If the county and beach municipalities can't capture comparable revenue from timeshare stays, then timeshare owners parasitically are feasting on public services that, strictly speaking, they don't pay to support.
Timeshare industry spokespeople argue, not wrongly, that they pay property taxes, on a per-unit basis, too. Those tax remittances, they say, are support enough for local government services devoted to tourism.
But upon closer scrutiny, this argument becomes clearly bogus. Hotel owners pay property taxes, too, but don't squawk too much about having to collect the accommodations tax. They know they benefit from it.

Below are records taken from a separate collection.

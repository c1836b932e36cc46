-- ===== src/MsgPack/Encoder/Errors.antt =====
-- The errors of the end calls of the encoder of src/core/vl_msgpack_io.c.
use veritable_lasagna.Base.{ℕ, ◌%◌, ◌^◌, ◌<◌, ◌≡◌, refl, ◌∙◌, true, false, ◌==◌, arith, length}
use veritable_lasagna.MsgPack.{MsgType, IoError}
use veritable_lasagna.MsgPack.Format.{Docs, elements, docs_bytes}
use veritable_lasagna.MsgPack.Encoder.{Encoder, map_begin, map_end, end_map}
use veritable_lasagna.MsgPack.Encoder.Trees.{encode_docs}
use veritable_lasagna.MsgPack.Encoder.Documents.{
  SizedDocs, encode_docs_lem, filled, map_begin-filled,
}

map_end-odd :
    (raw : ℕ → ℕ) (enc : Encoder) (ds : Docs)
    → elements ds % 2 ≡ 1
    → map_end (filled raw enc (docs_bytes ds) false (elements ds))
      ≡ record (filled raw enc (docs_bytes ds) false (elements ds)) {
        error = IoError.unbalanced_map;
        error_depth = length (filled raw enc (docs_bytes ds) false (elements ds)).state_stack;
        error_type = MsgType.map;
      }
unfolding map_end end_map
map_end-odd raw enc ds odd = let e : (elements ds % 2 == 1) ≡ true = ground arith in rw e refl

-- Where an odd number of documents was encoded in a map that was begun, its end call sets the
-- error to an unbalanced map at the depth of the open frames, and leaves the frame and the bytes.
pub map_end-unbalanced :
    (raw : ℕ → ℕ) (enc : Encoder) (ds : Docs)
    → SizedDocs ds
    → elements ds < 2 ^ 32
    → elements ds % 2 ≡ 1
    → (let open_map = encode_docs raw (map_begin raw enc) ds in
        map_end open_map ≡ record open_map {
          error = IoError.unbalanced_map;
          error_depth = length open_map.state_stack;
          error_type = MsgType.map;
        })
map_end-unbalanced raw enc ds sized few odd =
    let open_map =
      encode_docs_lem raw (map_begin raw enc) ds sized
      ∙ map_begin-filled raw enc (docs_bytes ds) (elements ds) few in
    rw open_map (map_end-odd raw enc ds odd)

If local governments didn't use accommodations tax revenue to keep up the beaches, provide public safety protection during tourism season, maintain the roads that lead to hotel driveways, provide tourists with events to attend and attract them to the Grand Strand to begin with, their businesses would wither and die.

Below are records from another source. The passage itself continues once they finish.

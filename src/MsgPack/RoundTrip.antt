-- ===== src/MsgPack/RoundTrip.antt =====
-- What the encoder of src/core/vl_msgpack_io.c writes, its decoder reads.
use veritable_lasagna.Base.{
  ℕ, ◌+◌, ◌^◌, ◌<◌, ◌≡◌, refl, subst, ap, none, List, [], arith, length, inl, inr,
}
use veritable_lasagna.MsgPack.Format.{
  Item, Doc, value, array, map, Docs, no_more, element, Pairs, end, pair, doc_bytes, InRange,
}
use veritable_lasagna.MsgPack.Encoder.{init}
use veritable_lasagna.MsgPack.Encoder.Trees.{encode_doc}
use veritable_lasagna.MsgPack.Encoder.Documents.{Sized, SizedDocs, SizedPairs, encode_doc_lem}
use veritable_lasagna.MsgPack.Decoder.{Token, Decoder, start, next}
use veritable_lasagna.MsgPack.Decoder.Source.{Holds, moved, memory_of, memory_of-Holds, next-end}
use veritable_lasagna.MsgPack.Decoder.Items.{Decodable}
use veritable_lasagna.MsgPack.Decoder.Documents.{
  Steps, last_token, Spells, Readable, ReadableDocs, ReadablePairs, doc_reads,
}

Decodable-InRange : (item : Item) → Decodable item → InRange item
Decodable-InRange Item.nil r = r
Decodable-InRange (Item.boolean b) r = r
Decodable-InRange (Item.integer z) r = r
Decodable-InRange (Item.uinteger n) r = r
Decodable-InRange (Item.float32 bits) r = r
Decodable-InRange (Item.float64 bits) r = r
Decodable-InRange (Item.string v) r = r
Decodable-InRange (Item.binary v) r = r
Decodable-InRange (Item.ext type v) (inl few) = omega arith
Decodable-InRange (Item.ext type v) (inr (many, few)) = omega arith

mutual
  unfolding Readable Sized

  Readable-Sized : (d : Doc) → Readable d → Sized d
  Readable-Sized (value item) r = Decodable-InRange item r
  Readable-Sized (array ds) (few, r) = (few, ReadableDocs-Sized ds r)
  Readable-Sized (map ps) (few, r) = (few, ReadablePairs-Sized ps r)

  ReadableDocs-Sized : (ds : Docs) → ReadableDocs ds → SizedDocs ds
  ReadableDocs-Sized no_more r = tt
  ReadableDocs-Sized (element d ds) (r, rs) = (Readable-Sized d r, ReadableDocs-Sized ds rs)

  ReadablePairs-Sized : (ps : Pairs) → ReadablePairs ps → SizedPairs ps
  ReadablePairs-Sized end r = tt
  ReadablePairs-Sized (pair k d ps) (rk, r, rs) =
      (rk, Readable-Sized d r, ReadablePairs-Sized ps rs)

-- The decoder on the bytes that the encoder wrote of a document.
abbrev pub decoder_of : (ℕ → ℕ) → Doc → Decoder
decoder_of raw d =
    let bytes = (encode_doc raw init d).buffer in start (memory_of bytes) (length bytes)

-- What the encoder writes of a document, whose values are in the ranges of the C types and whose
-- extensions have lengths that are read as they were written, `next` reads back: calls of it, none
-- of which fails, store tokens that spell the document and end just behind the bytes, where the
-- next call reports the end and no error.
pub next-encode_doc :
    (raw : ℕ → ℕ) (d : Doc) (old : Token)
    → Readable d
    → (decoder_of raw d).src_len < 2 ^ 63
    → (toks : List Token) × Steps
        (decoder_of raw d)
        old
        toks
        (moved (decoder_of raw d) (decoder_of raw d).src_len)
      × Spells (decoder_of raw d).src_mem toks d
      × (next (moved (decoder_of raw d) (decoder_of raw d).src_len) (last_token old toks)
          ≡ (none, moved (decoder_of raw d) (decoder_of raw d).src_len))
next-encode_doc raw d old r small =
    let bytes = (encode_doc raw init d).buffer in
    let dec = decoder_of raw d in
    let written : bytes ≡ doc_bytes d =
      ap (λ e. e.buffer) (encode_doc_lem raw init d (Readable-Sized d r)) in
    let held = subst (Holds (memory_of bytes) 0) written (memory_of-Holds [] bytes) in
    let len : 0 + length (doc_bytes d) ≡ length bytes = omega (arith, ap length written) in
    let (toks, steps, spells) = doc_reads dec small 0 old d r held (omega arith) in
    (
      toks,
      subst (λ z. Steps dec old toks (moved dec z)) len steps,
      spells,
      next-end (moved dec (length bytes)) (last_token old toks) refl small,
    )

Oh, well. Given County Council's lack of resolve try to break out of the straitjacket in which the state has placed it, there's no point in excoriating members for blinking in the face of time-share industry pressure. But council members -- as well as their counterparts in Myrtle Beach, North Myrtle Beach and Surfside Beach -- might enlighten the rest of us on what other ideas they have for ensuring that tourists pay their fair share of the infrastructure that supports them. The money to support tourism has to come from somewhere -- other than local folks' taxes, which are high enough already. Get ready for the timeshare tax!